Friday, September 10, 2010

Cosmic Grocer Revue

Dave and I vacation in Italy and quickly decide to stay. He takes a job with a produce delivery service whose reputation is akin to that of Mambo Movers in Philly. Which is to say that it's a decidedly masculine profession, but here in a classically Italian way - muscle-bound heroes parade their truck down the market and outside restaurants, chucking the required vegetables directly at their customers. Shopkeepers argue with their daughters about who will go out and catch the vegetables for the day.
It's no surprise to me that Dave has fallen into this comely clique, and with his vintage paperboy wardrobe firmly established he really looks like he should be delivering something.

Today it's raining and I take a little walk in the market to see if i can catch the truck and say hello to my sweetie. Sure enough, they've just all jumped off the truck and there he is in a courtyard, seeming to be looking for something (me, of course). The fine mist shakes its dewy fur all over us as we embrace and scuttle down an alley and into a cafe for lunch.

The menu is complex and varies from 9$ to 51$ lunches - dream foods of course.
We sit in a booth to pour over the menu and delight in our new city. How did we get here anyway? Hey ,do you want to start with mussels?

A series of characters invite themselves to our table - waitresses, madmen. One man shows us his hand-drawn comic book on the subject of the mighty produce vendors, portraying them as leopard skin bikini-clad vintage bodybuilders, arms full of verdure against the backdrop of the solar system. "Cosmic man!" he keeps calling Dave. We all laugh about it and I am so proud that my hot hunky husband is a cosmically hot grocer.

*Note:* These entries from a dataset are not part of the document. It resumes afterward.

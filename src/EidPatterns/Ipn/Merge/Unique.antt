-- ===== src/EidPatterns/Ipn/Merge/Unique.antt =====
-- The merged form of a set of numbers is unique.
use hardy.Prelude.{
  ℕ, ◌+◌, ◌≤◌, ◌<◌, ◌≡◌, refl, ap, ◌∙◌, sym, List, [], ◌∷◌, true, false, arith, map,
}
use hardy.Eid.{u32_max}
use hardy.EidPatterns.Ipn.Interval.{Span}
use hardy.EidPatterns.Ipn.Merge.{AllSpans, range_of, close, collapse}
use hardy.EidPatterns.Ipn.Merge.Union.{
  covers, SeparatedFrom, merged, covers-merged, merged-SeparatedFrom,
}

-- Two unions hold the same `u32` numbers.
abbrev pub SameNumbers : List Span → List Span → Type 0
SameNumbers l k = (v : ℕ) → v ≤ u32_max → covers l v ≡ covers k v

below-covers : (lo v : ℕ) (l : List Span) → SeparatedFrom lo l → v < lo → covers l v ≡ false
below-covers lo v [] h p = refl
below-covers lo v (x ∷ xs) (le, hx, h) p = ground (arith, below-covers (x.end + 2) v xs h)

-- Heads of two merged lists that hold the same numbers begin alike, and one does not end before
-- the other.
start-le :
    (lo lo' : ℕ) (x y : Span) (xs ys : List Span)
    → SeparatedFrom lo (x ∷ xs)
    → SeparatedFrom lo' (y ∷ ys)
    → SameNumbers (x ∷ xs) (y ∷ ys)
    → y.start ≤ x.start
start-le lo lo' x y xs ys (_, hx, h) (_, hy, k) same =
    ground (arith, same x.start, below-covers (y.end + 2) x.start ys k)

end-le :
    (lo lo' : ℕ) (x y : Span) (xs ys : List Span)
    → SeparatedFrom lo (x ∷ xs)
    → SeparatedFrom lo' (y ∷ ys)
    → SameNumbers (x ∷ xs) (y ∷ ys)
    → x.start ≡ y.start
    → y.end ≤ x.end
end-le lo lo' x y xs ys (_, hx, h) (_, hy, k) same e =
    ground (arith, same (x.end + 1), below-covers (x.end + 2) (x.end + 1) xs h)

tail-SameNumbers :
    (lo lo' : ℕ) (x y : Span) (xs ys : List Span)
    → SeparatedFrom lo (x ∷ xs)
    → SeparatedFrom lo' (y ∷ ys)
    → SameNumbers (x ∷ xs) (y ∷ ys)
    → x ≡ y
    → SameNumbers xs ys
tail-SameNumbers lo lo' x y xs ys (_, hx, h) (_, hy, k) same e v le =
    ground (arith, same v, below-covers (x.end + 2) v xs h, below-covers (y.end + 2) v ys k)

covers-nil :
    (lo : ℕ) (x : Span) (xs : List Span)
    → SeparatedFrom lo (x ∷ xs)
    → (covers (x ∷ xs) x.start ≡ true) × (x.start ≤ u32_max)
covers-nil lo x xs (_, hx, h) = ground arith

merged_unique :
    (lo lo' : ℕ) (l k : List Span)
    → SeparatedFrom lo l
    → SeparatedFrom lo' k
    → SameNumbers l k
    → l ≡ k
merged_unique lo lo' [] [] h h' same = refl
merged_unique lo lo' [] (y ∷ ys) h h' same = ground (arith, covers-nil lo' y ys h', same y.start)
merged_unique lo lo' (x ∷ xs) [] h h' same = ground (arith, covers-nil lo x xs h, same x.start)
merged_unique lo lo' (x ∷ xs) (y ∷ ys) h h' same =
    let back : SameNumbers (y ∷ ys) (x ∷ xs) = λ v le. sym (same v le) in
    let starts : x.start ≡ y.start =
      omega (arith, start-le lo lo' x y xs ys h h' same, start-le lo' lo y x ys xs h' h back) in
    let ends : x.end ≡ y.end = omega (
      arith,
      end-le lo lo' x y xs ys h h' same starts,
      end-le lo' lo y x ys xs h' h back (sym starts),
    ) in
    let heads : x ≡ y = ground (arith, starts, ends) in
    cc (
      heads,
      merged_unique (x.end + 2) (y.end + 2) xs ys h.2 h'.2
          (tail-SameNumbers lo lo' x y xs ys h h' same heads),
    )

-- Two lists of intervals that hold the same numbers are parsed to equal patterns, in whatever order
-- the intervals stand and however they overlap.
pub range_of_unique :
    (l k : List Span) → AllSpans l → AllSpans k → SameNumbers l k → range_of l ≡ range_of k
unfolding range_of
range_of_unique l k h h' same =
    ap (λ m. collapse (map close m))
      (merged_unique 0 0 (merged l) (merged k) (merged-SeparatedFrom l h)
        (merged-SeparatedFrom k h')
        (λ v le. covers-merged l v h ∙ same v le ∙ sym (covers-merged k v h')))
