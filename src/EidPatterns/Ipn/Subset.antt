-- ===== src/EidPatterns/Ipn/Subset.antt =====
-- The subset tests of eid-patterns/src/ipn_pattern.rs against what the patterns match.
use hardy.Prelude.{ℕ, ◌≡◌, List, [], ◌∷◌, true, arith, any, all}
use mathlib.Core.Path.{subst}
use hardy.Eid.{Eid, u32_max}
use hardy.EidPatterns.Ipn.Interval
use hardy.EidPatterns.Ipn.Interval.{IpnInterval, number, range}
use hardy.EidPatterns.Ipn.Component
use hardy.EidPatterns.Ipn.Component.{IpnPattern}
use hardy.EidPatterns.Ipn.Item
use hardy.EidPatterns.Ipn.Item.{IpnPatternItem}

interval_sound :
    (i j : IpnInterval) (v : ℕ)
    → Interval.is_subset i j ≡ true
    → Interval.matches i v ≡ true
    → Interval.matches j v ≡ true
unfolding Interval.is_subset Interval.matches
interval_sound i j v h k = ground arith

any_sound :
    (i : IpnInterval) (r : List IpnInterval) (v : ℕ)
    → any r (λ j. Interval.is_subset i j) ≡ true
    → Interval.matches i v ≡ true
    → any r (λ j. Interval.matches j v) ≡ true
any_sound i [] v h k = cc
any_sound i (j ∷ r) v h k = ground (arith, interval_sound i j v, any_sound i r v)

all_sound :
    (l r : List IpnInterval) (v : ℕ)
    → all l (λ i. any r (λ j. Interval.is_subset i j)) ≡ true
    → any l (λ i. Interval.matches i v) ≡ true
    → any r (λ j. Interval.matches j v) ≡ true
all_sound [] r v h k = cc
all_sound (i ∷ l) r v h k = ground (arith, any_sound i r v, all_sound l r v)

single_sound :
    (n v : ℕ) (r : List IpnInterval)
    → any r (λ i. Interval.matches i n) ≡ true
    → n ≡ v
    → any r (λ i. Interval.matches i v) ≡ true
single_sound n v r h e = subst (λ x. any r (λ i. Interval.matches i x) ≡ true) e h

pub component_sound :
    (p q : IpnPattern) (v : ℕ)
    → Component.is_subset p q ≡ true
    → Component.matches p v ≡ true
    → Component.matches q v ≡ true
unfolding Component.is_subset Component.matches
component_sound (IpnPattern.single n) (IpnPattern.range r) v h k =
    single_sound n v r h (ground arith)
component_sound (IpnPattern.range l) (IpnPattern.range r) v h k = all_sound l r v h k
component_sound p q v h k = ground arith

pub matches_at_sound :
    (p q : IpnPatternItem) (a n s : ℕ)
    → Item.is_subset p q ≡ true
    → Item.matches_at p a n s ≡ true
    → Item.matches_at q a n s ≡ true
unfolding Item.is_subset Item.matches_at
matches_at_sound p q a n s h k = ground (
  arith,
  component_sound p.allocator_id q.allocator_id a,
  component_sound p.node_number q.node_number n,
  component_sound p.service_number q.service_number s,
)

pub item_sound :
    (p q : IpnPatternItem) (e : Eid)
    → Item.is_subset p q ≡ true
    → Item.matches p e ≡ true
    → Item.matches q e ≡ true
unfolding Item.matches
item_sound p q Eid.null h k = matches_at_sound p q 0 0 0 h k
item_sound p q (Eid.local_node s) h k = matches_at_sound p q 0 u32_max s h k
item_sound p q (Eid.legacy_ipn f s) h k = matches_at_sound p q f.allocator_id f.node_number s h k
item_sound p q (Eid.ipn f s) h k = matches_at_sound p q f.allocator_id f.node_number s h k
item_sound p q (Eid.dtn d s) h k = cc
item_sound p q (Eid.unknown n s) h k = cc
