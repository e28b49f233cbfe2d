-- ===== src/EidPatterns/Pattern.antt =====
-- eid-patterns/src/lib.rs: `EidPattern`, built with the feature `dtn-pat-item`.
pub mod Item
pub mod Union
pub mod Subset
pub mod Exact
pub mod Score
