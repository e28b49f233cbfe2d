-- ===== src/EidPatterns/Pattern/Exact.antt =====
-- Single endpoints as patterns, and unions taken apart, in eid-patterns/src/lib.rs.
use hardy.Prelude.{
  ◌≡◌, refl, List, [], ◌∷◌, Bool, true, false, not, ◌&&◌, ◌||◌, some, arith, any, ◌==◌, map,
}
use hardy.Eid.{Eid, u32_max, is_null, eq_eid}
use hardy.Eid.Laws.{eq_str_iff}
use hardy.EidPatterns.Ipn.Component
use hardy.EidPatterns.Ipn.Item as Ipn
use hardy.EidPatterns.Dtn
use hardy.EidPatterns.Dtn.{Globs, DtnPatternItem}
use hardy.EidPatterns.Pattern.Item
use hardy.EidPatterns.Pattern.Item.{EidPatternItem}
use hardy.EidPatterns.Pattern.Union
use hardy.EidPatterns.Pattern.Union.{EidPattern}

-- An endpoint of a scheme the program knows, in the one spelling that `exact_eid` gives it
unfoldable pub is_canonical : Eid → Bool
is_canonical (Eid.legacy_ipn _ _) = false
is_canonical (Eid.ipn f n) =
    not (f.allocator_id == 0 && (f.node_number == 0 || f.node_number == u32_max))
is_canonical (Eid.unknown _ _) = false
is_canonical _ = true

module _ (gl : Globs) where
  -- The pattern of a canonical endpoint is exact and converts back to that endpoint.
  pub try_eid-of_eid :
      (e : Eid) → is_canonical e ≡ true → Union.try_eid {gl = gl} (Union.of_eid e) ≡ some e
  unfolding is_canonical Union.try_eid Union.of_eid Item.try_to_eid Ipn.try_to_eid Dtn.try_to_eid
      Ipn.new Component.try_to_eid Ipn.exact_eid Union.all_name eq_eid
  try_eid-of_eid e h = ground arith

  -- The pattern of an endpoint, of whatever scheme, matches that endpoint.
  pub matches-of_eid : (e : Eid) → Union.matches {gl = gl} (Union.of_eid e) e ≡ true
  unfolding Union.matches Union.of_eid Item.matches Ipn.matches Ipn.matches_at Component.matches
      Dtn.matches is_null Ipn.new Item.eid_numeric_scheme
  matches-of_eid (Eid.dtn d n) = ground (arith, eq_str_iff d.node_name d.node_name, eq_str_iff n n)
  matches-of_eid e = ground arith

module _ {gl : Globs} where
  atoms_match :
      (items : List (EidPatternItem gl)) (e : Eid)
      → any (map (λ k. EidPattern.set (k ∷ [])) items) (λ p. Union.matches p e)
        ≡ any items (λ i. Item.matches i e)
  unfolding Union.matches
  atoms_match [] e = refl
  atoms_match (i ∷ items) e = ground (arith, atoms_match items e)

  -- One of the atoms of a pattern matches an endpoint exactly when the pattern does.
  pub matches-into_atoms :
      (p : EidPattern gl) (e : Eid)
      → any (Union.into_atoms p) (λ q. Union.matches q e) ≡ Union.matches p e
  unfolding Union.into_atoms Union.matches
  matches-into_atoms EidPattern.any_eid e = refl
  matches-into_atoms (EidPattern.set []) e = refl
  matches-into_atoms (EidPattern.set (i ∷ [])) e = ground arith
  matches-into_atoms (EidPattern.set (i ∷ j ∷ items)) e = atoms_match (i ∷ j ∷ items) e
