-- ===== src/EidPatterns/Pattern/Score.antt =====
-- The specificity scores of eid-patterns/src/ipn_pattern.rs and lib.rs.
use hardy.Prelude.{
  any, ◌==◌, ◌⊎◌, ℕ, ◌≤◌, ◌≡◌, refl, List, [], ◌∷◌, Bool, true, false, ◌&&◌, Option, none, some,
  arith, all, leb,
}
use hardy.EidPatterns.Dtn.{Globs}
use hardy.EidPatterns.Ipn.Interval
use hardy.EidPatterns.Ipn.Interval.{number}
use hardy.EidPatterns.Ipn.Component
use hardy.EidPatterns.Ipn.Component.{IpnPattern}
use hardy.EidPatterns.Ipn.Item as Ipn
use hardy.EidPatterns.Ipn.Item.{IpnPatternItem}
use hardy.EidPatterns.Pattern.Item
use hardy.EidPatterns.Pattern.Item.{EidPatternItem}
use hardy.EidPatterns.Pattern.Union

literal_bits_bound : (p : IpnPattern) → Component.literal_bits p ≤ 32
unfolding Component.literal_bits
literal_bits_bound p = ground arith

exact_literal_bits : (p : IpnPattern) → Component.is_exact p ≡ true → Component.literal_bits p ≡ 32
unfolding Component.literal_bits Component.is_exact Component.total_count
exact_literal_bits (IpnPattern.single n) h = refl
exact_literal_bits (IpnPattern.range (number n ∷ [])) h = unfold Interval.count in ground arith
exact_literal_bits p h = cc

unfoldable pub is_exact_item : IpnPatternItem → Bool
is_exact_item p =
    Component.is_exact p.allocator_id
    && (Component.is_exact p.node_number && Component.is_exact p.service_number)

exact_score : (p : IpnPatternItem) → is_exact_item p ≡ true → Ipn.specificity_score p ≡ some 352
unfolding Ipn.specificity_score is_exact_item
exact_score p e = ground (
  arith,
  e,
  exact_literal_bits p.allocator_id,
  exact_literal_bits p.node_number,
  exact_literal_bits p.service_number,
)

-- An exact item of the `ipn` scheme has the score 352, and any other item that has a score has at most 96.
pub ipn_score_bounds :
    (p : IpnPatternItem)
    → (is_exact_item p ≡ true → Ipn.specificity_score p ≡ some 352)
      × ((n : ℕ) → is_exact_item p ≡ false → Ipn.specificity_score p ≡ some n → n ≤ 96)
unfolding Ipn.specificity_score is_exact_item
ipn_score_bounds p = (
  exact_score p,
  λ n e h. ground (
    arith,
    h,
    e,
    literal_bits_bound p.allocator_id,
    literal_bits_bound p.node_number,
    literal_bits_bound p.service_number,
  ),
)

-- `Some(n)` is a score not below `m`.
unfoldable pub scores_at_least : ℕ → Option ℕ → Bool
scores_at_least m none = false
scores_at_least m (some n) = leb m n

abbrev pub scores : ℕ → Option ℕ → Bool
scores m none = false
scores m (some n) = m == n

abbrev pub is_none : Option ℕ → Bool
is_none none = true
is_none (some n) = false

module _ {gl : Globs} where
  -- The score is that of the broadest item. There is none without items, or with an item without one.
  unfoldable pub IsBroadest : List (EidPatternItem gl) → Option ℕ → Type 0
  IsBroadest items none =
      (items ≡ []) ⊎ (any items (λ i. is_none (Item.specificity_score i)) ≡ true)
  IsBroadest items (some n) =
      (all items (λ i. scores_at_least n (Item.specificity_score i)) ≡ true)
      × (any items (λ i. scores n (Item.specificity_score i)) ≡ true)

We never get to eating - I'm training to work at the cafe now. A blonde tiger of a young woman is explaining to me the interpersonal dynamics of the cafe. Who's zooming whom, who not to flirt with, whose affairs are openly discussed and whose are still secret (but not from the waitstaff). The guy with the comic book is also a waiter, and as I start realizing that I live in a place where a crazy disshevelled artist can double as a waiter at a mega-fancy cafe, it dawns on me once again that I'm in the right place.

Saturday, June 26, 2010

My Own Personal Opera & Biking to Italy

I have been cast to play myself in a brand new opera whose plot eerily resembles the last chapter of strife in my love life. It is written in the highly dramatic style of the great Romantic operas, and the love triangle is murderously melodramatic.
Before running off to my true love, I must escape the evil clutches of the former lover. Here ensues a full operatic diatribe between us, replete with glissando runs and castigating gestures. Singing out my grievances directly to him feels appropriate, as does the thunder of his response - calling all low strings to make us shudder! I'm enthralled by the darkness of the scene and the surprising richness of his voice - think "the castle" of Bram Stoker's Dracula- and laugh at the opera out loud as my ludicrous imagination becomes transparent as a dream. Certainly in real life I romanticized the ex as dark and mysterious, but in truth his voice was quite ugly in argument and I'll be damned if there was any castle.
The scene ends with nothing more than a shouting match and my character is swept into the arms of her beloved. Enter pinnacle of triangle. (It's worthy to note that no one else saved me.
I ran away from the evil one on my own.) Disappointing dream land did not clearly cast my husband in this role - instead it gives me a blurry face, an unimportant personage. Even so, I feel that he does represent him as he gives his solo and calm washes over the dream. Clouds part. The end.

-

I live in New York City. My best friend has become obsessed with a rich stylist from Central America who has invented a new liquor. We are working on branding and selling the new intoxicant - refrigerators full of the stuff - when the boss reveals that he's got AIDS and is going back to Venezuela to kick the bucket in the company of his family. My friend is distraught. I look out into the courtyard of our apartment building, at the grid of bricked up chimneys and stairwell windows, and see a prison forming. I realize I would be wasting my time to stay any longer.
I set out on my bicycle heading east. There's a tunnel that reaches all the way across the Atlantic. Cars and buses making their way through, dangerously. I decide to bike to Europe, then, since I have nothing else to do and I'm eager for adventure. I have no supplies, not even water. No passport, no nothing. But I enter the tunnel anyway. The road splits every hundred miles, taking one lane up to a rest area at surface level. There they are, the golden Mickey D arches, floating over the pure ocean. Ugh, I think, thank god I'm leaving America! I set back down to the tunnel and hundreds of miles feel like city blocks. Before I know it I've arrived at the office of my old professor in Florence - red eyed, exhausted and in need of a place to crash. They seem confused about my proclamation of having biked to them, suspicious almost. I'm so high on endorphins it doesn't matter what they think. I look out the window here and see a tree against the backdrop of a beautiful arched old doorway and know I've come to the right spot.
Brava, says the professor, but you should have been wearing a helmet. We'll see to it that you get a proper motorbike while you're here - and an iphone (seriously, brain).